At the end of a typical work day, do you find yourself doing a lot, accomplishing little (or not as much as you would have liked!) and yet feeling utterly exhausted? It’s midweek and yet you are counting the days till the weekend arrives. Chances are that you must have been multitasking like most of the busy girl bosses, female entrepreneurs, students, busy working from home moms!
There is just so much to do and yet not enough time! As a result, one thing you find people doing often is multitasking.
What Does Multitasking Look Like in a Busy Woman’s Life!
Look at your desk! There would be memos, books, files, bills to pay and file, and the ubiquitous empty cups of coffee (unless you happen to be a neat freak toeing the lines of OCD!) Now, let’s move to your computer. If you happen to be a multitasker, chances are that there would be multiple tabs open in your browser and lots of sub folders in your main folders, lots of sites added to the ‘favorites’ icon in your browser. Similarly, in your social media feeds, you would have ‘liked’ and ‘followed’ many pages and people.
Why Do People Multitask
Ours is a work culture that revers people who are able to get a lot done quickly. Workers and students who might be more focused on quality than quantity are not valued. As a result of these faulty expectations, people start multitasking as a response.
During your work time, you would be switching gears between work and personal chores, following your social media feeds, checking and re-checking your emails and responding to them. We all have a lot to do on day-to-basis, lots of commitments, roles to play, hats to wear and expectations to fulfill. And we try to do our best in terms of making the most in terms of fulfilling all these roles and demands.
That’s why we end up multitasking. For most parts, we end up getting a lot done, meeting most of the expectations associated with us. Multitasking makes us feel in control, on top of things and efficiently. But is it really all that!

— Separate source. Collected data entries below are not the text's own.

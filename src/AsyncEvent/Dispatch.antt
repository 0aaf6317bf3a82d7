-- ===== src/AsyncEvent/Dispatch.antt =====
-- The event loop of include/nebula/async_event.h: `processReadyFds`, `processFdEvents` and
-- `eventLoop`.
pub mod Pending
pub mod Wait
pub mod Settle
use libnebula.Prelude.{
  ℕ, zero, suc, ◌+◌, ◌-◌, Bool, true, false, ◌&&◌, ◌||◌, not, Option, none, some, List, [], ◌∷◌,
  bit_and, bit_or, ltb, ◌==◌, if◌then◌else◌, get_or, set, length,
}
use libnebula.Prelude.Int.{ℤ, pos, negsuc, to_int}
use libnebula.AsyncEvent.{
  readable, writable, complement, FdInfo, AsyncEvent, Fired, System, info_at, forget_ready,
}
use libnebula.AsyncEvent.Timers.{
  Run, finished, out_of_range, out_of_fuel, nearest_time_event, process_time_events,
}

abbrev pub set_fired : AsyncEvent → ℕ → ℕ → AsyncEvent
set_fired s fd mask = record s {
  fds = set s.fds fd (record (info_at s fd) { already_fired = mask });
}

-- `guess |= info->already_fired_; guess &= info->monitored_`, after the callback.
abbrev pub guess_of : ℕ → FdInfo → ℕ
guess_of rc info = bit_and (bit_or rc info.already_fired) info.monitored

-- The I/O events among those reported.
abbrev pub io_mask : Fired → ℕ
io_mask f = (if f.epollin then readable else 0) + (if f.epollout then writable else 0)

-- What `processFdEvents` does with the guess of an I/O callback.
unfoldable pub settle : ℕ → ℕ → ℕ → AsyncEvent → AsyncEvent
settle fd ae_events rc s =
    let info = info_at s fd in
    let guess = guess_of rc info in
    let left = bit_and info.already_fired (complement ae_events) in
    if not (guess == 0)
    then (let s' : AsyncEvent =
          (if info.already_fired == 0
            then record s { ready = set s.ready s.num_ready fd; num_ready = s.num_ready + 1 }
            else s) in
        set_fired s' fd (bit_or info.already_fired guess))
    else if info.already_fired == 0
    then s
    else if left == 0
    then forget_ready (set_fired s fd left) fd
    else set_fired s fd left

-- The wait that `eventLoop` asks for, from `nearestTimeEvent` cut to an `int`.
abbrev pub wait_time : ℤ → ℕ → ℤ
wait_time (negsuc n) num_ready = if ltb 0 num_ready then pos 1 else negsuc n
wait_time (pos ms) num_ready = elim (to_int ms) [
  | pos zero ↦ pos 0
  | pos (suc m) ↦ if ltb 0 num_ready then pos 1 else pos (suc m)
  | negsuc m ↦ if ltb 0 num_ready then pos 1 else negsuc m
]

module _ {W : Type 0} (sys : System W) where
  -- One reported event: an exception goes to `proc_exp`, I/O to `proc`.
  unfoldable pub handle_fired : Fired → AsyncEvent → W → AsyncEvent × W
  unfolding settle
  handle_fired f s w =
      let info = info_at s f.fd in
      let (rc_exp, s_exp, w_exp) = sys.call_fd info.proc_exp f.fd 0 info.arg_exp s w in
      let (rc, s_io, w_io) = sys.call_fd info.proc f.fd (io_mask f) info.arg s w in
      if f.trouble && not (info.proc_exp == 0)
      then (s_exp, w_exp)
      else if not (io_mask f == 0)
      then (settle f.fd (io_mask f) rc s_io, w_io)
      else (s, w)

  unfoldable pub handle_all : List Fired → AsyncEvent → W → AsyncEvent × W
  handle_all [] s w = (s, w)
  handle_all (f ∷ fs) s w = let (s', w') = handle_fired f s w in handle_all fs s' w'

  -- The number of events reported, or -1 for an error of `epoll_wait`, and what is left.
  unfoldable pub process_fd_events : ℤ → AsyncEvent → W → ℤ × AsyncEvent × W
  unfolding handle_all
  process_fd_events timeout s w =
      let (reported, w') = sys.epoll_wait w timeout in
      elim reported [
        | none ↦ (negsuc 0, s, w')
        | some fs ↦ let (s', w2) = handle_all fs s w' in (pos (length fs), s', w2)
      ]

  -- The loop of `processReadyFds`. After the callback the list is read again at `idx`, whatever
  -- the callback did to it.
  unfoldable pub ready_loop : ℕ → ℕ → ℕ → AsyncEvent → W → Run (ℕ × AsyncEvent × W)
  ready_loop zero idx processed s w = out_of_fuel
  ready_loop (suc fuel) idx processed s w =
      let fd = get_or s.ready idx 0 in
      let info = info_at s fd in
      let (rc, s', w') = sys.call_fd info.proc fd info.already_fired info.arg s w in
      let guess = guess_of rc (info_at s' fd) in
      elim (ltb idx s.num_ready) [
        | false ↦ finished (processed, s, w)
        | true ↦ elim (guess == 0) [
          | false ↦ ready_loop fuel (idx + 1) (processed + 1) (set_fired s' fd guess) w'
          | true ↦
              let cleared = set_fired s' fd 0 in
              elim (get_or s'.ready idx 0 == fd) [
                | false ↦ ready_loop fuel idx (processed + 1) cleared w'
                | true ↦ elim s'.num_ready [
                  | zero ↦ out_of_range
                  | suc last ↦
                      ready_loop fuel idx (processed + 1)
                        (record cleared {
                          ready = set s'.ready idx (get_or s'.ready last 0);
                          num_ready = last;
                        })
                        w'
                ]
              ]
        ]
      ]

  unfoldable pub process_ready_fds : ℕ → AsyncEvent → W → Run (ℕ × AsyncEvent × W)
  unfolding ready_loop
  process_ready_fds fuel s w = ready_loop fuel 0 0 s w

  -- One turn of `eventLoop`; `fuel` bounds the rounds of each inner loop.
  unfoldable pub turn : ℕ → AsyncEvent → W → Run (AsyncEvent × W)
  turn fuel s w = elim (process_ready_fds fuel s w) [
    | out_of_range ↦ out_of_range
    | out_of_fuel ↦ out_of_fuel
    | finished (handled, s1, w1) ↦
        let (ms_left, w2) = nearest_time_event sys s1 w1 in
        let (nr, s3, w3) = process_fd_events (wait_time ms_left s1.num_ready) s1 w2 in
        elim (process_time_events sys fuel s3 w3) [
          | out_of_range ↦ out_of_range
          | out_of_fuel ↦ out_of_fuel
          | finished (fired, s4, w4) ↦ finished (s4, w4)
        ]
  ]

  -- The test of `eventLoop`.
  abbrev pub goes_on : AsyncEvent → Bool
  goes_on s = not s.stopped && (ltb 0 s.num_monitored || ltb 0 s.used_time_events)

  -- `eventLoop`, for at most `turns` turns.
  unfoldable pub event_loop : ℕ → ℕ → AsyncEvent → W → Run (AsyncEvent × W)
  unfolding turn
  event_loop zero fuel s w = out_of_fuel
  event_loop (suc turns) fuel s w = elim (goes_on s) [
    | false ↦ finished (s, w)
    | true ↦ elim (turn fuel s w) [
      | out_of_range ↦ out_of_range
      | out_of_fuel ↦ out_of_fuel
      | finished (s', w') ↦ event_loop turns fuel s' w'
    ]
  ]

What Multitasking Actually Does
When we are multitasking, we are getting a lot done! But this is a faux sense of control! By the end of the day, we end up feeling exhausted. And after a while, things end up getting messy and chaotic. We end up falling behind deadlines and making mistakes. Multitasking starts hurting our productivity. It doesn’t help us do quality work and merely helps us get the tasks done. So, multitasking won’t help in situations where we are required to do deeper, intuitive, original and our best work! So what is needed instead?
Mindfulness VS. Multitasking
If you want to be good nay the best at what you do, you need to go deep and get engaged in your work through mindfulness. You have to resist the urge to squeeze in a lot of tasks in an hour, a day or a week and learn to approach work through the approach of mindfulness. This means prioritizing, organizing, categorizing, systemizing, synthesizing, and strategizing your work and personal life.
Take a project and execute tasks one by one. Just focus all your attention and energies on that oe task before moving on to the other. You would discover that you may end up doing lesser things at a time and yet:
- You would have more clarity about how to go about things.
- You would have more focus and precision.
- You would be able to minimize errors and re-doing things.
- Your completion time would improve significantly.
- At the end of the day, you won’t feel exhausted.
- You would more accomplished, fulfilled and less drained out!
How does these outcome sound?
To Sum Up
You would realize that multitasking doesn’t work long term; it has shallow gains. Ultimately, it’s the deep, intuitive thought and work process, mindfulness towards work and life that helps us do our best work.